* _Exercise_
Out of the entries that follow, copy each line containing "same".

* _Dataset_
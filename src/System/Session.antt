-- ===== src/System/Session.antt =====
-- Requests of client programs in a row, through src/load_balancer.cc to src/blockstorage_server.cc.
use replicated_block_store.Prelude.{
  ℕ, ◌≡◌, ◌≤◌, ◌+◌, refl, ap, ap₂, Option, none, some, List, [], ◌∷◌, Bytes, All, length, inl, inr,
}
use replicated_block_store.Address.{block_size, block_storage_max_size}
use replicated_block_store.Device.{Device, write_device, read_shown}
use replicated_block_store.Server.{StatusCode, ok, returns}
use replicated_block_store.LoadBalancer.{route_read}
use replicated_block_store.Client.{Report}
use replicated_block_store.System.{
  Site, Cluster, Reading, call_write, call_read, lb_write, lb_read, client_write, client_read,
}
use replicated_block_store.System.Serving.{
  IsCurrent, IsHost, IsCalm, call_write-host, call_read-host,
}
use replicated_block_store.System.Routes.{
  Routes, route_read-host, route_write-host, at_once, write-at_once, read-at_once,
}

-- A request of a client.
pub data Op : Type 0 where
  put : ℕ → Bytes → Op
  get : ℕ → Op

-- What a client sees of a request: the status, the bytes that it read, and the attempts it took.
pub record Answer : Type 0 where
  pub status : StatusCode
  pub content : Bytes
  pub attempts : ℕ

-- The processes between requests: the load balancer routes to `p` and `q`, where servers are up,
-- and these hold the device.
pub record IsHealthy (site : Site) (p q : Bytes) (v : Device) (c : Cluster) : Type 0 where
  pub current : IsCurrent site v c
  pub routes : Routes p q c.balancer
  pub host_p : IsHost site p
  pub host_q : IsHost site q

module _ (site : Site) where
  abbrev of_write : Option (Report Cluster) → Cluster → Option Answer × Cluster
  of_write none c = (none, c)
  of_write (some r) c =
      (some (record { status = r.status; content = []; attempts = r.attempts }), r.state)

  abbrev of_read : Option (Report Reading) → Cluster → Option Answer × Cluster
  of_read none c = (none, c)
  of_read (some r) c = (
    some (record { status = r.status; content = r.state.reply; attempts = r.attempts }),
    r.state.cluster,
  )

  unfoldable pub request : Op → Cluster → Option Answer × Cluster
  request (put a buffer) c = of_write (client_write site a buffer c) c
  request (get a) c = of_read (client_read site a c) c

  unfoldable pub session : List Op → Cluster → List (Option Answer) × Cluster
  unfolding request
  session [] c = ([], c)
  session (op ∷ ops) c =
      let (answer, c') = request op c in
      let (answers, c'') = session ops c' in (answer ∷ answers, c'')

abbrev pub answered : Bytes → Option Answer
answered content = some (record { status = ok; content = content; attempts = 1 })

-- The same requests on one device.
abbrev pub request_device : Op → Device → Option Answer × Device
request_device (put a buffer) v = (answered [], write_device a buffer v)
request_device (get a) v = (answered (read_shown a v), v)

abbrev pub session_device : List Op → Device → List (Option Answer) × Device
session_device [] v = ([], v)
session_device (op ∷ ops) v =
    let (answer, v') = request_device op v in
    let (answers, v'') = session_device ops v' in (answer ∷ answers, v'')

-- Whole blocks within the bounds.
abbrev pub FitsOne : Op → Type 0
FitsOne (put a buffer) = (a + block_size ≤ block_storage_max_size) × (length buffer ≡ block_size)
FitsOne (get a) = (a + block_size ≤ block_storage_max_size)

abbrev pub Fits : List Op → Type 0
Fits = All FitsOne

module _ (site : Site) (env : IsCalm site) (p q : Bytes) (a : ℕ) (v : Device) (c : Cluster)
    (h : IsHealthy site p q v c) where
  lb_write-IsHealthy :
      (buffer : Bytes)
      → FitsOne (put a buffer)
      → (d : Cluster) × (lb_write site a buffer c ≡ (returns ok, d))
        × IsHealthy site p q (write_device a buffer v) d
  unfolding lb_write
  lb_write-IsHealthy buffer (bound, n) =
      let (e, kept) = route_write-host p q c.balancer h.routes in
      let (o, current, same) = call_write-host site env p h.host_p v c h.current a bound buffer n in
      let call = call_write site p a buffer in
      (
        (call c).1,
        rw (e, kept, lb_write, write-at_once call c (call c).1 (ap (λ r. (r, (call c).1)) o)) refl,
        record {
          current = current;
          routes = rw same h.routes;
          host_p = h.host_p;
          host_q = h.host_q;
        },
      )

  lb_read-IsHealthy :
      (reply : Bytes)
      → FitsOne (get a)
      → (d : Cluster) × (lb_read site a (record { cluster = c; reply = reply })
          ≡ (returns ok, record { cluster = d; reply = read_shown a v }))
        × IsHealthy site p q v d
  unfolding lb_read
  lb_read-IsHealthy reply bound =
      let (t, e, which, routes) = route_read-host p q c.balancer h.routes in
      let host : IsHost site t = elim which [
        | inl same ↦ rw same h.host_p
        | inr same ↦ rw same h.host_q
      ] in
      let d = record c { balancer = (route_read c.balancer).1 } in
      let current : IsCurrent site v d = record { at_a = h.current.at_a; at_b = h.current.at_b } in
      (
        d,
        rw
            (
              e,
              lb_read,
              read-at_once (call_read site t a) (record { cluster = d; reply = reply }) _
                  (call_read-host site env t host v d current a bound reply),
            )
            refl,
        record { current = current; routes = routes; host_p = h.host_p; host_q = h.host_q },
      )

  pub client_write-IsHealthy :
      (buffer : Bytes)
      → FitsOne (put a buffer)
      → (d : Cluster) × (client_write site a buffer c ≡ some (at_once d))
        × IsHealthy site p q (write_device a buffer v) d
  unfolding client_write
  client_write-IsHealthy buffer fits =
      let (d, e, good) = lb_write-IsHealthy buffer fits in
      (d, write-at_once _ c d (rw e refl), good)

  pub client_read-IsHealthy :
      FitsOne (get a)
      → (d : Cluster) × (client_read site a c
          ≡ some (at_once (record { cluster = d; reply = read_shown a v })))
        × IsHealthy site p q v d
  unfolding client_read
  client_read-IsHealthy fits =
      let (d, e, good) = lb_read-IsHealthy [] fits in (d, read-at_once _ _ _ (rw e refl), good)

request-IsHealthy :
    (site : Site) (p q : Bytes) (op : Op) (v : Device) (c : Cluster)
    → IsCalm site
    → FitsOne op
    → IsHealthy site p q v c
    → ((request site op c).0 ≡ (request_device op v).0)
      × IsHealthy site p q (request_device op v).1 (request site op c).1
unfolding request
request-IsHealthy site p q (put a buffer) v c env fits h =
    let (d, e, good) = client_write-IsHealthy site env p q a v c h buffer fits in rw e (refl, good)
request-IsHealthy site p q (get a) v c env fits h =
    let (d, e, good) = client_read-IsHealthy site env p q a v c h fits in rw e (refl, good)

-- Any number of requests of clients in a row, each a write of 4096 bytes or a read, within the
-- bounds, through a load balancer whose registered names, the primary among them, are servers that
-- are up and hold the device, at two addresses, with nothing refused: each is answered with OK at its
-- first attempt, a read with what the one device shows on which the same requests run, each part up
-- to its first zero byte, whichever server it is routed to, and the system behind them is such a
-- system again, with that device.
pub session_lem :
    (site : Site) (p q : Bytes) (ops : List Op) (v : Device) (c : Cluster)
    → IsCalm site
    → Fits ops
    → IsHealthy site p q v c
    → ((session site ops c).0 ≡ (session_device ops v).0)
      × IsHealthy site p q (session_device ops v).1 (session site ops c).1
unfolding session
session_lem site p q [] v c env fits h = (refl, h)
session_lem site p q (op ∷ ops) v c env (one, fits) h =
    let (answer, good) = request-IsHealthy site p q op v c env one h in
    let (answers, good') =
      session_lem site p q ops (request_device op v).1 (request site op c).1 env fits good in
    (ap₂ ◌∷◌ answer answers, good')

* _Response to this exercise_
-- The same requests on one device.
      let (o, current, same) = call_write-host site env p h.host_p v c h.current a bound buffer n in
          routes = rw same h.routes;
        | inl same ↦ rw same h.host_p
        | inr same ↦ rw same h.host_q
-- first attempt, a read with what the one device shows on which the same requests run, each part up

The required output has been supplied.